# Kopieren von Dateien die von einem anderen Programm verwendet werden?



## Chrno (2. Feb 2010)

Hi,

gibt es die Möglichkeit Dateien zu kopieren die von einem anderen Programm zurzeit verwendet werden?
Programmiere gerade ein Synchronisationsprogramm und es wäre sehr Praktisch wenn ich ALLE Dateien ohne Verlust kopieren könnte.
Oder wenn das nicht geht, kann ich irgendwie herausfinden welche ich nicht kopieren kann?

Chrno


----------



## Gast2 (2. Feb 2010)

Chrno hat gesagt.:


> gibt es die Möglichkeit Dateien zu kopieren die von einem anderen Programm zurzeit verwendet werden?


ich weis nicht wie es unter Linux geht ... unter Windows kommt es darauf an wie das andere Programm die Dateien geöffnet hat ... also mit Exlusivrechten oder Zugriff für alle



> Oder wenn das nicht geht, kann ich irgendwie herausfinden welche ich nicht kopieren kann?

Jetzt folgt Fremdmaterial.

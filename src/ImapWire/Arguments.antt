-- ===== src/ImapWire/Arguments.antt =====
-- Arguments written and read: the quoted ones, and the literals.
use crypt_mail.Prelude.{◌≡◌, true, false, [], ◌∷◌, all, Text, Locale}
use crypt_mail.ImapWire.{
  word, octets, end, value, line, tokenize, as_text, CommandPart, written, literal, is_printable,
}

-- What an argument stands for: a quoted one is a line of printable characters that is read as the text alone,
-- and a literal, whose bytes follow its length, holds the text that has other characters.
abbrev pub IsArgument : Locale → Text → CommandPart → Type 0
IsArgument loc s (written t) =
    (all is_printable t ≡ true) × (tokenize loc (line t ∷ []) ≡ value (word s) end)
IsArgument loc s (literal b) = (all is_printable s ≡ false) × (as_text (octets b) ≡ s)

Datei zum Lesen öffnen ... wenn eine Exception kommt, dann kannst Du die halt nicht öffnen

hand, mogel


----------



## Chrno (2. Feb 2010)

Für windows ich glaube exclusiv zugriff. Kennst du die meldung nicht? (siehe anhang)

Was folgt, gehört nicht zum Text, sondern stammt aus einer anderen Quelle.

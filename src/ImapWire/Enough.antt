-- ===== src/ImapWire/Enough.antt =====
-- The rounds of the loop over a line: each one takes a character, so the length of the line is enough.
use crypt_mail.Prelude.{
  ℕ, zero, suc, ◌≤◌, ◌≡◌, refl, inl, inr, Bool, true, false, ◌&&◌, not, [], ◌∷◌, arith, ◌==◌,
  Bool-cases, Text, Locale, length, is_empty,
}
use crypt_mail.ImapWire.{
  Stack, quoted_piece, ends_atom, depth_after, atom_piece, is_size, step, tokenize_line,
}

quoted_piece-IsWithin :
    (escaped : Bool) (s : Text) → length (quoted_piece escaped s).rest ≤ length s
unfolding quoted_piece
quoted_piece-IsWithin escaped [] = omega arith
quoted_piece-IsWithin true (c ∷ s) = omega (arith, quoted_piece-IsWithin false s)
quoted_piece-IsWithin false (c ∷ s) = elim (Bool-cases (c == 34)) [
  | inl e ↦ simp e (omega arith)
  | inr n ↦ elim (Bool-cases (c == 92 && not (is_empty s))) [
    | inl e ↦ simp (n, e) (omega (arith, quoted_piece-IsWithin true s))
    | inr m ↦ simp (n, m) (omega (arith, quoted_piece-IsWithin false s))
  ]
]

atom_piece-IsWithin : (depth : ℕ) (s : Text) → length (atom_piece depth s).rest ≤ length s
unfolding atom_piece
atom_piece-IsWithin depth [] = omega arith
atom_piece-IsWithin depth (c ∷ s) = elim (Bool-cases (depth == 0 && ends_atom c)) [
  | inl e ↦ simp e (omega arith)
  | inr n ↦ simp n (omega (arith, atom_piece-IsWithin (depth_after c depth) s))
]

-- An atom has at least the character that it begins with.
atom_piece-first :
    (c : ℕ) (s : Text) → ends_atom c ≡ false → length (atom_piece 0 (c ∷ s)).rest ≤ length s
unfolding atom_piece
atom_piece-first c s h = simp h (atom_piece-IsWithin (depth_after c 0) s)

step-left :
    (loc : Locale) (c : ℕ) (s : Text) (stack : Stack) → length (step loc c s stack).left ≤ length s
unfolding step
step-left loc c s stack = elim (Bool-cases (c == 32)) [
  | inl e ↦ simp e (omega arith)
  | inr a ↦ elim (Bool-cases (c == 40)) [
    | inl e ↦ simp (a, e) (omega arith)
    | inr b ↦ elim (Bool-cases (c == 41)) [
      | inl e ↦ simp (a, b, e) (omega arith)
      | inr d ↦ elim (Bool-cases (c == 34)) [
        | inl e ↦ simp (a, b, d, e) (quoted_piece-IsWithin false s)
        | inr q ↦ elim (Bool-cases (c == 123 && is_size false s)) [
          | inl e ↦ simp (a, b, d, q, e) (omega arith)
          | inr m ↦ simp (a, b, d, q, m) (atom_piece-first c s (ground arith))
        ]
      ]
    ]
  ]
]

-- The loop over a line ends by itself: with any number of rounds that is at least the length of the line, it
-- has the same result as with any other such number.
pub tokenize_line-enough :
    (loc : Locale) (n m : ℕ) (s : Text) (stack : Stack)
    → length s ≤ n
    → length s ≤ m
    → tokenize_line loc n s stack ≡ tokenize_line loc m s stack
unfolding tokenize_line
tokenize_line-enough loc zero zero [] stack h k = refl
tokenize_line-enough loc zero (suc m) [] stack h k = refl
tokenize_line-enough loc (suc n) zero [] stack h k = refl
tokenize_line-enough loc (suc n) (suc m) [] stack h k = refl
tokenize_line-enough loc zero m (c ∷ s) stack h k = absurd (omega arith)
tokenize_line-enough loc (suc n) zero (c ∷ s) stack h k = absurd (omega arith)
tokenize_line-enough loc (suc n) (suc m) (c ∷ s) stack h k =
    let fits = step-left loc c s stack in
    tokenize_line-enough loc n m (step loc c s stack).left (step loc c s stack).stack (omega arith)
      (omega arith)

Ich versuche jede Datei zu Kopieren aber eine Exception wird nicht geworfen.


----------



## hemeroc (2. Feb 2010)

Exklusive FileLocks werden vom Betriebssystem verwaltet also kurz und gut nein, darauf hast du keinen Einfluss. Das einzige was du machen kannst, ist den File beobachten und es immer wieder versuchen. Allerdings gibt es keine Garantie dafür das der File jemals freigegeben wird solange dein Programm läuft.

//Edit: das gilt auf jedem mit bekannten Betriebssystem.


----------



## FArt (3. Feb 2010)

Selbst wenn ein Filesystem konkurrierende Zugriffe zulässt, ist nicht sichergestellt, dass deine Kopie konsistent ist... 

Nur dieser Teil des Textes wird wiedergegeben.